What This Means for Families

Even though the Court dismissed this case, the fight is not over. We are still moving forward with our federal lawsuit, which argues that surprise home inspections violate the Fourth Amendment (freedom from illegal searches), the Fourteenth Amendment (equal protection and due process), and violations of the Americans with Disabilities Act (ADA) and the Fair Housing Act (FHA).


We will also continue to advocate through community participation and litigation to protect the privacy and dignity of households where people with developmental disabilities live.


And here's something important to remember: No other government program treats people this way. Think about it:

  • If a family receives SNAP benefits (food assistance), government workers don’t show up unannounced at dinnertime, take notes on a clipboard, and search the pantry.

  • If a senior citizen uses Medicare, government workers don’t show up uninvited at the doctor’s office to sit in and watch the visit.


But for families like ours, just because our loved one has a developmental disability, DODD and some county boards think it’s okay to barge in to homes with no warning and no warrant.


That’s not okay.
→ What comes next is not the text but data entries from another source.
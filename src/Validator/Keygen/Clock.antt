-- ===== src/Validator/Keygen/Clock.antt =====
-- crates/validator/src/state/keygen.rs: what a new block does to the rollover.
use shield_net.Prelude.{
  ℕ, Bool, true, false, not, ◌&&◌, Option, none, some, List, [], ◌∷◌, leb, ◌==◌, if◌then◌else◌, Map,
  length, as_u16, saturating_add,
}
use shield_net.Validator.Epoch.{EpochId, number, get_number, next_number}
use shield_net.Validator.Types.{
  Set, KeyGenCommitment, Complaint, RolloverState, State, Command, ParticipantSet, Transition,
}
use shield_net.Validator.Groups.{participants_set, GroupEpoch, also_exclude, exclude_all_others}
use shield_net.Validator.Keygen.Ceremony.{
  next_epoch, start_key_gen, restart_key_gen_excluding, fail_rollover,
}

-- `rollover.next_epoch().and_then(|epoch| epoch.number())`
unfoldable pub target_epoch : RolloverState → Option ℕ
unfolding get_number
target_epoch rollover = elim (next_epoch rollover) [ none ↦ none | some e ↦ get_number e ]

-- A staged epoch becomes the active one.
abbrev pub activate : State → ℕ → RolloverState → State
activate s target (RolloverState.epoch_staged n) = record s { active_epoch = number target }
activate s target _ = s

abbrev pub fresh_key_gen : Transition → State → ℕ → ℕ → Option ParticipantSet → State × List Command
fresh_key_gen t s block n none = (record s { rollover = RolloverState.epoch_skipped n }, [])
fresh_key_gen t s block n (some participants) =
    start_key_gen t s (number n) participants (some (saturating_add block t.key_gen_timeout))

unfoldable pub roll_over : Transition → State → ℕ → Option ℕ → State × List Command
unfolding next_number
roll_over t s block none = (s, [])
roll_over t s block (some target) =
    let next = next_number block t.blocks_per_epoch in
    if leb next target
    then (s, [])
    else fresh_key_gen t (activate s target s.rollover) block next
        (participants_set t.keccak256 t.participants (GroupEpoch.number t.consensus next []))

unfoldable pub handle_rollover_new_block : Transition → State → ℕ → State × List Command
unfolding roll_over target_epoch
handle_rollover_new_block t s block = roll_over t s block (target_epoch s.rollover)

-- `keys()`
unfoldable pub key_set {ℓ} : {V : Type ℓ} → Map V → Set
key_set [] = []
key_set ((k, v) ∷ rest) = (k, tt) ∷ key_set rest

unfoldable pub unresponded_to : Map Complaint → Set
unresponded_to [] = []
unresponded_to ((k, c) ∷ rest) =
    let others = unresponded_to rest in if leb 1 c.unresponded then (k, tt) ∷ others else others

abbrev pub is_empty {ℓ} : {V : Type ℓ} → Map V → Bool
is_empty [] = true
is_empty (e ∷ rest) = false

-- A round that everyone committed to, without this validator's own setup.
unfoldable pub stuck_epoch : RolloverState → ℕ → Option EpochId
stuck_epoch
      (RolloverState.collecting_commitments epoch group
        (KeyGenCommitment.participating poap none)
        commitments
        (some deadline))
      block =
    if leb deadline block && (as_u16 (length commitments) == group.count) then some epoch else none
stuck_epoch _ block = none

-- The epoch whose round has stalled, with what its restart excludes.
unfoldable pub stalled_round : RolloverState → ℕ → Option (EpochId × Set)
unfolding key_set unresponded_to exclude_all_others also_exclude
stalled_round (RolloverState.collecting_commitments epoch group secrets commitments (some deadline))
      block =
    if leb deadline block
    then some (epoch, exclude_all_others group (key_set commitments))
    else none
stalled_round
      (RolloverState.collecting_shares epoch group participation public_keys shares complaints
        (some deadline))
      block =
    if leb deadline block
    then some (epoch, exclude_all_others group (key_set public_keys))
    else none
stalled_round
      (RolloverState.collecting_confirmations epoch group participation status confirmations
        complaints
        (some deadlines))
      block =
    let unresponded = unresponded_to complaints in
    if leb deadlines.response block && not (is_empty unresponded)
    then some (epoch, also_exclude group unresponded)
    else if leb deadlines.confirm block
    then some (epoch, exclude_all_others group confirmations)
    else none
stalled_round _ block = none

abbrev pub restart_stalled : Transition → State → ℕ → Option (EpochId × Set) → State × List Command
restart_stalled t s block none = (s, [])
restart_stalled t s block (some (epoch, excluded)) =
    restart_key_gen_excluding t s epoch excluded (some (saturating_add block t.key_gen_timeout))

unfoldable pub handle_key_gen_timeouts : Transition → State → ℕ → State × List Command
unfolding stuck_epoch stalled_round
handle_key_gen_timeouts t s block = elim (stuck_epoch s.rollover block) [
  | some epoch ↦ fail_rollover s epoch
  | none ↦ restart_stalled t s block (stalled_round s.rollover block)
]
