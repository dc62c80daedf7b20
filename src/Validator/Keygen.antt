-- ===== src/Validator/Keygen.antt =====
-- crates/validator/src/state/keygen.rs: the handlers of the key generation, passed on.
mod Ceremony
mod Collecting
mod Sharing
mod Confirming
mod Complaints
mod Clock
unfoldable pub use Ceremony.*
unfoldable pub use Collecting.*
unfoldable pub use Sharing.*
unfoldable pub use Confirming.*
unfoldable pub use Complaints.*
unfoldable pub use Clock.*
And we won’t stop until the law makes that clear.


One More Thing:

While this lawsuit was pending, Wood County Board of Developmental Disabilities Superintendent Brent Baer submitted a court filing that included the full home address of a young child with a disability, putting her in danger. This private health information had no place in a public court document, and the family had to take emergency legal action to get it removed. Thankfully, the Supreme Court of Ohio agreed and redacted the child’s home address, but this should never have happened in the first place. This case has made it clear that we need stronger protections, not just from surprise home inspections, but from harmful privacy violations too.